Zambia Academy of Sciences
- Abbreviation: ZaAS
- Formation: September 16, 2005; 20 years ago
- Founded at: Lusaka, Zambia
- Type: Learned society
- Purpose: To promote scientific discovery and innovation, and to provide independent advice on science and technology matters
- Headquarters: Lusaka, Zambia
- Fields: Science, technology, engineering and mathematics
- Members: 42 members and fellows (2021)
- Affiliations: International Science Council; InterAcademy Partnership; Network of African Science Academies;

= Zambia Academy of Sciences =

Scientific non-profit organization in Zambia

The Zambia Academy of Sciences (ZaAS) is a non-profit organisation that provides perspectives on scientific matters and contributes to the nation's scientific education. It includes 42 members and fellows from various scientific disciplines, including academia, public and private sectors. The academy has a draft constitution and is subject to an Act of Parliament.

==History==
The Zambia Academy of Sciences was established at the National Science and Technology Council offices in 2005. An interim governing council was formed and a draft constitution was prepared. The academy was registered as a Society in the same year and joined the Network of African Science Academies (NASAC) in 2006. From January 2016, the academy implemented policy documents for nominating and electing members and fellows.

==Membership==
As of 2021, ZaAS had 42 members and fellows from fields such as agricultural and animal sciences, biological sciences, chemistry, engineering, food science, medical sciences, mineral sciences, and veterinary science. The membership includes scientists from academia, public and private sectors. The academy conducted its first induction ceremony in September 2017. The academy is in the process of being legislated by an Act of Parliament and aims to provide opinions on scientific matters and contribute to the country's science education. Members of ZaAS include Prof. Kelly Chibale, Prof. Kavwanga Yambayamba, Prof. Imasiku Nyambe, Prof. Phillip Nkunika, and Prof. Stephen Simukanga.

==Activities==
The Zambia Academy of Sciences participates in activities such as publishing reports on scientific developments in Zambia and advocating for media coverage of the country's research.
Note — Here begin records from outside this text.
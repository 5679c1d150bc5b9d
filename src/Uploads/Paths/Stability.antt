-- ===== src/Uploads/Paths/Stability.antt =====
-- What `sanitizeRelativePath` of modules/uploads/paths.ts answers is a path that it lets through.
use local_cast.Base.{ℕ, ◌≡◌, ◌≢◌, refl, false, List, [], ◌∷◌, ◌++◌, Text, starts_with, arith, ok}
use local_cast.Js.Trim.{Without}
use local_cast.Uploads.Paths.{
  has_drive, is_absolute, join_slash, join_checked, sanitize_relative_path,
}
use local_cast.Uploads.Paths.Segments.{
  AllWithout, AllFilled, drop_empty_of_AllFilled, slashes_of_Without, includes_of_Without,
  join_slash-Without, split-join_slash,
}
use local_cast.Uploads.Paths.Safety.{AllSafe, check_segments_of_AllSafe, sanitize-AllSafe}

has_drive_of_Without : (s : Text) → Without b':' s → has_drive s ≡ false
unfolding has_drive
has_drive_of_Without [] a = refl
has_drive_of_Without (c ∷ []) a = refl
has_drive_of_Without (c ∷ d ∷ s) (h, (k, a)) = ground arith

is_absolute_of_Without :
    (c : ℕ) (s : Text) → c ≢ b'/' → Without b':' (c ∷ s) → is_absolute (c ∷ s) ≡ false
unfolding is_absolute starts_with
is_absolute_of_Without c s h a = ground (arith, has_drive_of_Without (c ∷ s) a)

is_absolute-join_slash :
    (w : Text) (ws : List Text)
    → w ≢ []
    → Without b'/' w
    → Without b':' (join_slash (w ∷ ws))
    → is_absolute (join_slash (w ∷ ws)) ≡ false
unfolding join_slash
is_absolute-join_slash [] ws f h a = absurd (f refl)
is_absolute-join_slash (c ∷ w) [] f (h, _) a = is_absolute_of_Without c w h a
is_absolute-join_slash (c ∷ w) (v ∷ ws) f (h, _) a =
    is_absolute_of_Without c (w ++ (b'/' ∷ join_slash (v ∷ ws))) h a

module _ (to_lower : Text → Text) where
  AllSafe-Without :
      (ws : List Text)
      → AllSafe to_lower ws
      → AllFilled ws × AllWithout b'/' ws × AllWithout 92 ws × AllWithout b':' ws × AllWithout 0 ws
  AllSafe-Without [] a = (tt, tt, tt, tt, tt)
  AllSafe-Without (w ∷ ws) ((f, _, _, slash, back, colon, nul, _, _, _), a) =
      let (fs, more_slash, more_back, more_colon, more_nul) = AllSafe-Without ws a in
      ((f, fs), (slash, more_slash), (back, more_back), (colon, more_colon), (nul, more_nul))

  join_checked_of_AllSafe :
      (w : Text) (ws : List Text)
      → AllSafe to_lower (w ∷ ws)
      → join_checked to_lower (w ∷ ws) ≡ ok (join_slash (w ∷ ws))
  unfolding join_checked
  join_checked_of_AllSafe w ws a = rw (check_segments_of_AllSafe to_lower (w ∷ ws) a) refl

  sanitize_of_AllSafe :
      (w : Text) (ws : List Text)
      → AllSafe to_lower (w ∷ ws)
      → sanitize_relative_path to_lower (join_slash (w ∷ ws)) ≡ ok (join_slash (w ∷ ws))
  unfolding sanitize_relative_path
  sanitize_of_AllSafe w ws a =
      let (filled, slash, back, colon, nul) = AllSafe-Without (w ∷ ws) a in
      let path = join_slash (w ∷ ws) in
      let no_nul =
        includes_of_Without 0 path (join_slash-Without 0 (w ∷ ws) (λ e. omega arith) nul) in
      let same = slashes_of_Without path (join_slash-Without 92 (w ∷ ws) (λ e. omega arith) back) in
      let relative =
        is_absolute-join_slash w ws filled.0 slash.0
          (join_slash-Without b':' (w ∷ ws) (λ e. omega arith) colon) in
      rw
        (
          no_nul,
          same,
          relative,
          split-join_slash w ws slash,
          drop_empty_of_AllFilled (w ∷ ws) filled,
        )
        (join_checked_of_AllSafe w ws a)

  again :
      (ws : List Text)
      → ws ≢ []
      → AllSafe to_lower ws
      → sanitize_relative_path to_lower (join_slash ws) ≡ ok (join_slash ws)
  again [] some_ws a = absurd (some_ws refl)
  again (w ∷ ws) some_ws a = sanitize_of_AllSafe w ws a

  -- The path that is answered is let through again, and comes back as it is: to sanitize twice is to
  -- sanitize once.
  sanitize-sanitize :
      (input y : Text)
      → sanitize_relative_path to_lower input ≡ ok y
      → sanitize_relative_path to_lower y ≡ ok y
  sanitize-sanitize input y h =
      let (ws, some_ws, safe, e) = sanitize-AllSafe to_lower input y h in
      rw e (again ws some_ws safe)
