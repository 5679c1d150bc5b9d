-- ===== src/Uploads/Paths/Tests.antt =====
-- Relative paths that phones send, good and bad, and the theorems on sanitizeRelativePath at one.
use local_cast.Base.{◌≡◌, ◌≢◌, refl, List, [], Text, codes, ok, err}
use local_cast.Contract.Errors.{plain, path_escapes_root, bad_request}
use local_cast.Uploads.Paths.{sanitize_relative_path, join_slash}
use local_cast.Uploads.Paths.Safety.{AllSafe, sanitize-AllSafe}

-- `toLowerCase` on names of small letters.
abbrev to_lower : Text → Text
to_lower s = s

cleaned : sanitize_relative_path to_lower (codes "a\\b//c.jpg") ≡ ok (codes "a/b/c.jpg")
unfolding sanitize_relative_path
cleaned = refl

climbing : sanitize_relative_path to_lower (codes "a/../b") ≡ err (plain path_escapes_root)
unfolding sanitize_relative_path
climbing = refl

console : sanitize_relative_path to_lower (codes "a/con.txt") ≡ err (plain bad_request)
unfolding sanitize_relative_path
console = refl

sanitize-AllSafe_example :
    (ws : List Text) × (ws ≢ []) × AllSafe to_lower ws × (codes "a/b/c.jpg" ≡ join_slash ws)
sanitize-AllSafe_example =
    sanitize-AllSafe to_lower (codes "a\\b//c.jpg") (codes "a/b/c.jpg") cleaned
The academy organises events related to science and technology, including workshops, seminars, symposia, and conferences. It works with national, regional, and international scientific organisations and networks, including the Network of African Science Academies, the International Science Council, the African Academy of Sciences, and the World Academy of Sciences. The academy also takes part in projects and initiatives that focus on science and technology challenges and opportunities in Zambia and Africa, such as the Science Granting Councils Initiative, the African Science, Technology and Innovation Indicators Initiative, the African Open Science Platform, and the Science Advice for Policy by European Academies.